• Task to complete:
From the first line to the last, output the entries exactly.

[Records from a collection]
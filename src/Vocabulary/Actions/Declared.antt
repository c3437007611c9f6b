-- ===== src/Vocabulary/Actions/Declared.antt =====
-- ledger/vocabulary.py: the actors, and the declaration of an event action.
use lean_evolve.Prelude.{String, Bool, List, [], ◌∷◌}

abbrev pub actors : List String
actors =
    "research_agent" ∷ "lean_scratch_gateway" ∷ "authoritative_evaluator" ∷ "axiom_auditor"
    ∷ "computation_checker" ∷ "human_researcher" ∷ "importer" ∷ "ledger_service" ∷ []

pub record EventAction : Type 0 where
  pub name : String
  pub subject_types : List String
  pub actors : List String
  pub required_payload : List String
  pub optional_payload : List String
  pub requires_evidence : Bool

abbrev pub all_actors : List String
all_actors = actors

abbrev pub on_object : List String
on_object = "object" ∷ []

abbrev pub on_connection : List String
on_connection = "connection" ∷ []

abbrev pub on_object_or_connection : List String
on_object_or_connection = "object" ∷ "connection" ∷ []

abbrev pub on_ledger : List String
on_ledger = "ledger" ∷ []
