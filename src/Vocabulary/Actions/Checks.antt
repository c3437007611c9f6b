-- ===== src/Vocabulary/Actions/Checks.antt =====
-- ledger/vocabulary.py `_EVENT_ACTIONS`: creation and correction, and the lifecycle of a check.
use lean_evolve.Prelude.{false, true, List, [], ◌∷◌}
use lean_evolve.Vocabulary.Actions.Declared.{
  EventAction, all_actors, on_object, on_connection, on_object_or_connection,
}

unfoldable pub creation_and_correction_actions : List EventAction
creation_and_correction_actions =
    record {
      name = "object_created";
      subject_types = on_object;
      actors = all_actors;
      required_payload = "kind" ∷ [];
      optional_payload = "canonical_name" ∷ "content_format" ∷ "properties" ∷ [];
      requires_evidence = false;
    }
    ∷ record {
      name = "connection_created";
      subject_types = on_connection;
      actors = all_actors;
      required_payload = "relation" ∷ "from_id" ∷ "to_id" ∷ [];
      optional_payload = "properties" ∷ [];
      requires_evidence = false;
    }
    ∷ record {
      name = "connection_retracted";
      subject_types = on_connection;
      actors = "human_researcher" ∷ "authoritative_evaluator" ∷ "ledger_service" ∷ [];
      required_payload = "reason" ∷ [];
      optional_payload = [];
      requires_evidence = false;
    }
    ∷ record {
      name = "annotation_added";
      subject_types = on_object_or_connection;
      actors = all_actors;
      required_payload = "annotation_id" ∷ [];
      optional_payload = [];
      requires_evidence = false;
    }
    ∷ record {
      name = "correction_recorded";
      subject_types = on_object_or_connection;
      actors = "human_researcher" ∷ "ledger_service" ∷ "importer" ∷ [];
      required_payload = "reason" ∷ "corrects_event_id" ∷ [];
      optional_payload = [];
      requires_evidence = false;
    }
    ∷ record {
      name = "alias_added";
      subject_types = on_object;
      actors = "human_researcher" ∷ "authoritative_evaluator" ∷ "ledger_service" ∷ [];
      required_payload = "alias" ∷ [];
      optional_payload = [];
      requires_evidence = false;
    }
    ∷ []

unfoldable pub check_lifecycle_actions : List EventAction
check_lifecycle_actions =
    record {
      name = "check_submitted";
      subject_types = on_object;
      actors = "lean_scratch_gateway" ∷ "authoritative_evaluator" ∷ [];
      required_payload =
          "checkpoint_key" ∷ "environment_identity" ∷ "input_sha256" ∷ "request_class" ∷ [];
      optional_payload =
          "priority" ∷ "budget_seconds" ∷ "idempotency_key" ∷ "checker_identity" ∷ [];
      requires_evidence = true;
    }
    ∷ record {
      name = "check_reused";
      subject_types = on_object;
      actors = "lean_scratch_gateway" ∷ [];
      required_payload = "original_submission_scope" ∷ [];
      optional_payload = [];
      requires_evidence = false;
    }
    ∷ record {
      name = "check_started";
      subject_types = on_object;
      actors = "lean_scratch_gateway" ∷ "authoritative_evaluator" ∷ [];
      required_payload = "worker_id" ∷ [];
      optional_payload = "queue_delay_seconds" ∷ [];
      requires_evidence = false;
    }
    ∷ record {
      name = "check_completed";
      subject_types = on_object;
      actors = "lean_scratch_gateway" ∷ "authoritative_evaluator" ∷ [];
      required_payload = "outcome" ∷ "exit_code" ∷ [];
      optional_payload = "phase_timings" ∷ "diagnostics_sha256" ∷ [];
      requires_evidence = true;
    }
    ∷ record {
      name = "check_failed";
      subject_types = on_object;
      actors = "lean_scratch_gateway" ∷ "authoritative_evaluator" ∷ [];
      required_payload = "exit_code" ∷ [];
      optional_payload = "phase_timings" ∷ "diagnostics_sha256" ∷ [];
      requires_evidence = false;
    }
    ∷ record {
      name = "check_timed_out";
      subject_types = on_object;
      actors = "lean_scratch_gateway" ∷ "authoritative_evaluator" ∷ [];
      required_payload = "budget_seconds" ∷ [];
      optional_payload = [];
      requires_evidence = false;
    }
    ∷ record {
      name = "check_interrupted";
      subject_types = on_object;
      actors = "ledger_service" ∷ [];
      required_payload = "detected_by" ∷ [];
      optional_payload = [];
      requires_evidence = false;
    }
    ∷ record {
      name = "check_cancelled";
      subject_types = on_object;
      actors = "ledger_service" ∷ "human_researcher" ∷ [];
      required_payload = "reason" ∷ [];
      optional_payload = [];
      requires_evidence = false;
    }
    ∷ record {
      name = "check_superseded";
      subject_types = on_object;
      actors = "ledger_service" ∷ [];
      required_payload = "superseded_by" ∷ [];
      optional_payload = [];
      requires_evidence = false;
    }
    ∷ record {
      name = "check_deduplicated";
      subject_types = on_object;
      actors = "ledger_service" ∷ [];
      required_payload = "duplicate_of" ∷ [];
      optional_payload = [];
      requires_evidence = false;
    }
    ∷ []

• Response to the task:
filename src/Vocabulary/Actions/Declared.antt
repository c3437007611c9f6b
-- ===== src/Vocabulary/Actions/Declared.antt =====
-- ledger/vocabulary.py: the actors, and the declaration of an event action.
use lean_evolve.Prelude.{String, Bool, List, [], ◌∷◌}

abbrev pub actors : List String
actors =
    "research_agent" ∷ "lean_scratch_gateway" ∷ "authoritative_evaluator" ∷ "axiom_auditor"
    ∷ "computation_checker" ∷ "human_researcher" ∷ "importer" ∷ "ledger_service" ∷ []

pub record EventAction : Type 0 where
  pub name : String
  pub subject_types : List String
  pub actors : List String
  pub required_payload : List String
  pub optional_payload : List String
  pub requires_evidence : Bool

abbrev pub all_actors : List String
all_actors = actors

abbrev pub on_object : List String
on_object = "object" ∷ []

abbrev pub on_connection : List String
on_connection = "connection" ∷ []

abbrev pub on_object_or_connection : List String
on_object_or_connection = "object" ∷ "connection" ∷ []

abbrev pub on_ledger : List String
on_ledger = "ledger" ∷ []
filename src/Vocabulary/Actions/Checks.antt
repository c3437007611c9f6b
-- ===== src/Vocabulary/Actions/Checks.antt =====
-- ledger/vocabulary.py `_EVENT_ACTIONS`: creation and correction, and the lifecycle of a check.
use lean_evolve.Prelude.{false, true, List, [], ◌∷◌}
use lean_evolve.Vocabulary.Actions.Declared.{
  EventAction, all_actors, on_object, on_connection, on_object_or_connection,
}

unfoldable pub creation_and_correction_actions : List EventAction
creation_and_correction_actions =
    record {
      name = "object_created";
      subject_types = on_object;
      actors = all_actors;
      required_payload = "kind" ∷ [];
      optional_payload = "canonical_name" ∷ "content_format" ∷ "properties" ∷ [];
      requires_evidence = false;
    }
    ∷ record {
      name = "connection_created";
      subject_types = on_connection;
      actors = all_actors;
      required_payload = "relation" ∷ "from_id" ∷ "to_id" ∷ [];
      optional_payload = "properties" ∷ [];
      requires_evidence = false;
    }
    ∷ record {
      name = "connection_retracted";
      subject_types = on_connection;
      actors = "human_researcher" ∷ "authoritative_evaluator" ∷ "ledger_service" ∷ [];
      required_payload = "reason" ∷ [];
      optional_payload = [];
      requires_evidence = false;
    }
    ∷ record {
      name = "annotation_added";
      subject_types = on_object_or_connection;
      actors = all_actors;
      required_payload = "annotation_id" ∷ [];
      optional_payload = [];
      requires_evidence = false;
    }
    ∷ record {
      name = "correction_recorded";
      subject_types = on_object_or_connection;
      actors = "human_researcher" ∷ "ledger_service" ∷ "importer" ∷ [];
      required_payload = "reason" ∷ "corrects_event_id" ∷ [];
      optional_payload = [];
      requires_evidence = false;
    }
    ∷ record {
      name = "alias_added";
      subject_types = on_object;
      actors = "human_researcher" ∷ "authoritative_evaluator" ∷ "ledger_service" ∷ [];
      required_payload = "alias" ∷ [];
      optional_payload = [];
      requires_evidence = false;
    }
    ∷ []

unfoldable pub check_lifecycle_actions : List EventAction
check_lifecycle_actions =
    record {
      name = "check_submitted";
      subject_types = on_object;
      actors = "lean_scratch_gateway" ∷ "authoritative_evaluator" ∷ [];
      required_payload =
          "checkpoint_key" ∷ "environment_identity" ∷ "input_sha256" ∷ "request_class" ∷ [];
      optional_payload =
          "priority" ∷ "budget_seconds" ∷ "idempotency_key" ∷ "checker_identity" ∷ [];
      requires_evidence = true;
    }
    ∷ record {
      name = "check_reused";
      subject_types = on_object;
      actors = "lean_scratch_gateway" ∷ [];
      required_payload = "original_submission_scope" ∷ [];
      optional_payload = [];
      requires_evidence = false;
    }
    ∷ record {
      name = "check_started";
      subject_types = on_object;
      actors = "lean_scratch_gateway" ∷ "authoritative_evaluator" ∷ [];
      required_payload = "worker_id" ∷ [];
      optional_payload = "queue_delay_seconds" ∷ [];
      requires_evidence = false;
    }
    ∷ record {
      name = "check_completed";
      subject_types = on_object;
      actors = "lean_scratch_gateway" ∷ "authoritative_evaluator" ∷ [];
      required_payload = "outcome" ∷ "exit_code" ∷ [];
      optional_payload = "phase_timings" ∷ "diagnostics_sha256" ∷ [];
      requires_evidence = true;
    }
    ∷ record {
      name = "check_failed";
      subject_types = on_object;
      actors = "lean_scratch_gateway" ∷ "authoritative_evaluator" ∷ [];
      required_payload = "exit_code" ∷ [];
      optional_payload = "phase_timings" ∷ "diagnostics_sha256" ∷ [];
      requires_evidence = false;
    }
    ∷ record {
      name = "check_timed_out";
      subject_types = on_object;
      actors = "lean_scratch_gateway" ∷ "authoritative_evaluator" ∷ [];
      required_payload = "budget_seconds" ∷ [];
      optional_payload = [];
      requires_evidence = false;
    }
    ∷ record {
      name = "check_interrupted";
      subject_types = on_object;
      actors = "ledger_service" ∷ [];
      required_payload = "detected_by" ∷ [];
      optional_payload = [];
      requires_evidence = false;
    }
    ∷ record {
      name = "check_cancelled";
      subject_types = on_object;
      actors = "ledger_service" ∷ "human_researcher" ∷ [];
      required_payload = "reason" ∷ [];
      optional_payload = [];
      requires_evidence = false;
    }
    ∷ record {
      name = "check_superseded";
      subject_types = on_object;
      actors = "ledger_service" ∷ [];
      required_payload = "superseded_by" ∷ [];
      optional_payload = [];
      requires_evidence = false;
    }
    ∷ record {
      name = "check_deduplicated";
      subject_types = on_object;
      actors = "ledger_service" ∷ [];
      required_payload = "duplicate_of" ∷ [];
      optional_payload = [];
      requires_evidence = false;
    }
    ∷ []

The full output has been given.